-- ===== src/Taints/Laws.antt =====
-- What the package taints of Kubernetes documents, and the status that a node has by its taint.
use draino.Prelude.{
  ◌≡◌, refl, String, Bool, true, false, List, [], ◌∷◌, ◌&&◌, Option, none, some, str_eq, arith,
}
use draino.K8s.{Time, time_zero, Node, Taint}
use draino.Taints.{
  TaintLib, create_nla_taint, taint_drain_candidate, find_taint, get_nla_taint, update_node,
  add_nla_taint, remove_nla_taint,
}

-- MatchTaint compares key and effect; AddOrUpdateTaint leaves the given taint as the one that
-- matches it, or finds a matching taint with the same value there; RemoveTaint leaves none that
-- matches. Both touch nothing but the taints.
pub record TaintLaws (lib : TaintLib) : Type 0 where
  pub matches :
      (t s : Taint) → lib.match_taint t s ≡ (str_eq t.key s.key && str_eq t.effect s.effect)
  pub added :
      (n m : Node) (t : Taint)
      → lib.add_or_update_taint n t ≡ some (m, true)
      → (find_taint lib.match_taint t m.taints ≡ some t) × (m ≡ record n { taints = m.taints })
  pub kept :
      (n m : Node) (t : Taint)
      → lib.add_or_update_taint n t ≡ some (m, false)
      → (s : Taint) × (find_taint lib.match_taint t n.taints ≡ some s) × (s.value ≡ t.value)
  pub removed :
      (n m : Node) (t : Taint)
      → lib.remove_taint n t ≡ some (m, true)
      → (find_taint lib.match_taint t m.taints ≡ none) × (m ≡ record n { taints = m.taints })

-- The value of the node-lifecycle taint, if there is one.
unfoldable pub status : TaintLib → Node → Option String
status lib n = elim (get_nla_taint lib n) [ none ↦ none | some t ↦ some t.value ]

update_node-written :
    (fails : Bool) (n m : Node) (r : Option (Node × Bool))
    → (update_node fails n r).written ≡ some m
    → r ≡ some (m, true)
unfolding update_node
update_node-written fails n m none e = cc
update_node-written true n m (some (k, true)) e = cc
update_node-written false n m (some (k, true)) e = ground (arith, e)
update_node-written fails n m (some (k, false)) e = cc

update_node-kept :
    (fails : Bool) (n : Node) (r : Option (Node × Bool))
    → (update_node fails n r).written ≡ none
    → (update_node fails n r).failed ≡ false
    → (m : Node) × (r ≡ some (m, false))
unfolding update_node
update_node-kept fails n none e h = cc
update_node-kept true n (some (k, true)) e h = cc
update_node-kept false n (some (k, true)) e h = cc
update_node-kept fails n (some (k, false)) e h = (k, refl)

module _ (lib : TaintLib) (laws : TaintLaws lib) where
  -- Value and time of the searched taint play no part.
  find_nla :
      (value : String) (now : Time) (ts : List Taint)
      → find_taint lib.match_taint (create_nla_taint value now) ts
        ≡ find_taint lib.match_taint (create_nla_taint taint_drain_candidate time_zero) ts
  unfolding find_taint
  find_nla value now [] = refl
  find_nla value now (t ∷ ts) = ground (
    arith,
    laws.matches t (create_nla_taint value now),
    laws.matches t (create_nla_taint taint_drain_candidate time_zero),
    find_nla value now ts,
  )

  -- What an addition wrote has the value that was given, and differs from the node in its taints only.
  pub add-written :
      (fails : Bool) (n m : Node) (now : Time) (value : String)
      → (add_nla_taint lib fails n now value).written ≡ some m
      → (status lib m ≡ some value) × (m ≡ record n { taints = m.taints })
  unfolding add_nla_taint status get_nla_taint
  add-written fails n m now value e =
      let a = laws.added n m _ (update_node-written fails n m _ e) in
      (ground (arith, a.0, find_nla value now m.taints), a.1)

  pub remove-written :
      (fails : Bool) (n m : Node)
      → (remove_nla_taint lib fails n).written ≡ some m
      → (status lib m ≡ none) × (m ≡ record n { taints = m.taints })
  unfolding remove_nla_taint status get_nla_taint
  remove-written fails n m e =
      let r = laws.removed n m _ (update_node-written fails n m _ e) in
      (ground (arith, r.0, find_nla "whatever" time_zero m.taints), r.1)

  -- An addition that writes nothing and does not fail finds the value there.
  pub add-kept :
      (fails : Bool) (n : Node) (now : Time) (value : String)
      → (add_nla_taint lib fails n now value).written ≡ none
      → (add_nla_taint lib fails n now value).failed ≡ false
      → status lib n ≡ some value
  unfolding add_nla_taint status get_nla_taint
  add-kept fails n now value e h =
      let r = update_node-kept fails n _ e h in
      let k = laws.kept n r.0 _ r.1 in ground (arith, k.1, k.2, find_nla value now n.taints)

-*-

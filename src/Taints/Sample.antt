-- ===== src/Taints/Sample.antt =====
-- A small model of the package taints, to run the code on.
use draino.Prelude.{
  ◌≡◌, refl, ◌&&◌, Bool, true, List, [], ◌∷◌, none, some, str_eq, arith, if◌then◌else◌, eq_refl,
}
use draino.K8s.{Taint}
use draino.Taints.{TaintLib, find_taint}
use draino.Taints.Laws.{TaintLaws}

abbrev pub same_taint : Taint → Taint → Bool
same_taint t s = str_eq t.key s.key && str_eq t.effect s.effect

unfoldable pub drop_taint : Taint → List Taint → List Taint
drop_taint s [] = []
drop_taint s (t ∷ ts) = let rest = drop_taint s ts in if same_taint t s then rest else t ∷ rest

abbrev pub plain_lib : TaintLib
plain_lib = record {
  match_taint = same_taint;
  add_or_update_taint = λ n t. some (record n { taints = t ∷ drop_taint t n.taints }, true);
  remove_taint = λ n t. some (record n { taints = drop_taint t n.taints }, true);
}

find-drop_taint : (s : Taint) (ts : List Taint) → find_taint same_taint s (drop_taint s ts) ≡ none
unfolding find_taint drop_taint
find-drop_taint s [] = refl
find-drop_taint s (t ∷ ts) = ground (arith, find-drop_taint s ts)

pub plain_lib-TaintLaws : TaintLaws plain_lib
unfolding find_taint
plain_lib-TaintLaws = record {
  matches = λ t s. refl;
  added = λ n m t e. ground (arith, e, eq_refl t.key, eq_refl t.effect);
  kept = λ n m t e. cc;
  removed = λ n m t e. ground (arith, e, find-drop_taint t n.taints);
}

-*-

▶ **What to work on**
Scan the data above, find each line with "String", and copy it.

▶ **Written solution**
  ◌≡◌, refl, String, Bool, true, false, List, [], ◌∷◌, ◌&&◌, Option, none, some, str_eq, arith,
unfoldable pub status : TaintLib → Node → Option String
      (value : String) (now : Time) (ts : List Taint)
      (fails : Bool) (n m : Node) (now : Time) (value : String)
      (fails : Bool) (n : Node) (now : Time) (value : String)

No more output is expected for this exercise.